Hello! I'm in the market for a 24-30 ton splitter. From what I've read so far some good brands are Boss, Yardmax, Brave and Iron & Oak. Iron & Oak seems to be the best, but may be more than I need. Any recommendations on brands would be most appreciated. Thanks!


----------



## farmer steve (Jun 16, 2019)

Welcome to AS . Use the search function to look for threads relating to splitters. You can do it by brand or just log splitter. As with anything price will dictate quality. I run a TSC 25 ton right now and really haven't had any issues. Dirty hand tools is the sponsor of the firewood forum and a bunch of guys have them. Good luck in your search..


----------



## jrider (Jun 16, 2019)

I put around 1500 cords through my iron and oak before having to replace the Honda motor (probably due to me not changing the oil as often as I should have). Replaced the control valve twice


----------



## saxman (Jun 16, 2019)

I’ve had a 26 ton Brave for 14 years with no issues. 8HP Briggs&Scratchum! Not the usual luck with those engines, I guess I’m lucky. Brave is the cheaper line of Iron&Oak. Made in Illinois and I think they are ok. My buddy has a Dirty Hand Tools and it has been fine. Lots of decent ones out there 


Sent from my iPhone using Tapatalk


----------



## homemade (Jun 16, 2019)

That’s like asking what truck is better. What is your budget? What are you mostly splitting? 18” and larger? What species? Soft or hard wood? What is your annual production?

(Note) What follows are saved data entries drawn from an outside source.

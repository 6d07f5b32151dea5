-- ===== src/Dial.antt =====
-- src/native/mod.rs: `dial` and `connect_stream`, the transport that a handshake runs over. Where the
-- source would panic the result is `none`.
pub mod Safety
use Prim.Native.String.{String}
use text.Mathlib.Text.{◌==◌ as ◌=ˢ◌}
use yawc.Shared.{ℕ, Bool, true, false, Option, none, some, List, if◌then◌else◌}
use yawc.Error.{io_error, invalid_http_scheme, Result, ok, err, ◌>>=◌}
use yawc.Network.{IpAddr, SocketAddr, Host, Url, Endpoint, by_addr, Network, connect_tcp}
use yawc.Socks.Io.{Stream}
use yawc.Socks.Proxy.{Proxy, endpoint, connect_from}

-- What `dial` reads of the `WsBuilderOpts`.
pub record Opts : Type 0 where
  pub url : Url
  pub tcp_address : Option SocketAddr
  pub local_address : Option IpAddr
  pub proxy : Option Proxy

-- The TLS crate: the name of a host in a certificate, and the handshake under that name.
pub record Tls (S N T : Type 0) : Type 0 where
  pub server_name : Host → Option N
  pub connect : N → S → Result T

-- `MaybeTlsStream`
pub data MaybeTlsStream (S T : Type 0) : Type 0 where
  plain : S → MaybeTlsStream S T
  tls : T → MaybeTlsStream S T

module _ {S : Type 0} (network : Network S) (stream : Stream S) where
  -- Without a proxy.
  unfoldable pub dial_direct : Opts → Option (Result S)
  unfolding connect_tcp endpoint
  dial_direct opts = elim opts.tcp_address [
    | some address ↦ some (connect_tcp network opts.local_address (by_addr address))
    | none ↦ elim opts.url.known_port [
      | none ↦ none
      | some port ↦ elim opts.url.host [
        | none ↦ none
        | some host ↦ some (connect_tcp network opts.local_address (endpoint host port))
      ]
    ]
  ]

  unfoldable pub dial : Opts → Option (Result S)
  unfolding dial_direct connect_from
  dial opts = elim opts.proxy [
    | none ↦ dial_direct opts
    | some proxy ↦ connect_from network stream proxy opts.url opts.tcp_address opts.local_address
  ]

  module _ {N T : Type 0} (security : Tls S N T) where
    -- The TLS handshake with the host of the URL.
    unfoldable pub secure_stream : Option Host → S → Option (Result (MaybeTlsStream S T))
    secure_stream none socket = none
    secure_stream (some host) socket = elim (security.server_name host) [
      | none ↦ some (err io_error)
      | some name ↦ some (security.connect name socket >>= λ secured. ok (tls secured))
    ]

    -- The stream above the socket.
    unfoldable pub wrap : Bool → Opts → Option (Result S) → Option (Result (MaybeTlsStream S T))
    unfolding secure_stream
    wrap secure opts none = none
    wrap secure opts (some (err reason)) = some (err reason)
    wrap true opts (some (ok socket)) = secure_stream opts.url.host socket
    wrap false opts (some (ok socket)) = some (ok (plain socket))

    unfoldable pub connect_stream : Opts → Option (Result (MaybeTlsStream S T))
    unfolding wrap dial
    connect_stream opts =
        if opts.url.scheme =ˢ "ws"
        then wrap false opts (dial opts)
        else if opts.url.scheme =ˢ "wss"
        then wrap true opts (dial opts)
        else some (err invalid_http_scheme)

And I hope you realize that tonnages that are advertised beyond what is practicable. 

I run a home made splitter. Has a 4in ram on it with a 2000psi max pressure. The wedge is set to 30 degree opening. I do run a 4 way occasionally when the wood calls for it. I think wedge design has a lot to do with how effective the tonnage is put to use. I’ve never stalled out the engine trying to split stuff. On the twisted grain wood like the yellow elm (piss elm) you gotta work the outsides. If you try and split it straight down the middle, you might as well put a 8” ram on there. 

My long winded point is, if your splitting less then 5 cords per year, then any big box store splitter with proper maintenance will serve you well. 5-10 cords or more then start looking at a pro line. Don’t forget the super split. King of kenitic splitters


----------



## 12ram2500 (Jun 16, 2019)

I have a yardmax 25 ton and it comes with a free removable 4 way wedge and it's been awsome for the price starts with 1 to 2 pulls max great build quality great instructions to put together havent found a flaw or one thing to not be happy about just as good if not better then a 25 ton from tsc HD lowes etc


----------



## panolo (Jun 17, 2019)

Depends on what you want to spend and what you are splitting. My Super Split gets way way more use than my DHT splitter. Nothing wrong with my DHT, it's been bulletproof. Just my SS is faster. If I can find an inverted splitter for my bobcat I'll probably sell my DHT. Won't need it to crack the big logs.


----------



## rancher2 (Jun 17, 2019)

Rayn4est
Welcome to the forum.
Like others have said do you want to spend $1,000,$2,000,$3,000'$4,000 on a splitter as the ones you name fall in that price range. This time of the year I would watch the garage,estate sales and Craigslist as there are some bargains out there of folks moving or getting out of wood. Summer is the time to buy used splitters and sometimes new ones also.


----------



## steved (Jun 17, 2019)

I have a 20 ton rebranded Brave from Quality Tractor, it's been pretty much maintenance free for the past tens years we had it. But we only split about ten cords a year. I have no idea how old it is, but Quality Tractor has been out of business for nearly 20 years. I've only had to replace one hose and change the oils.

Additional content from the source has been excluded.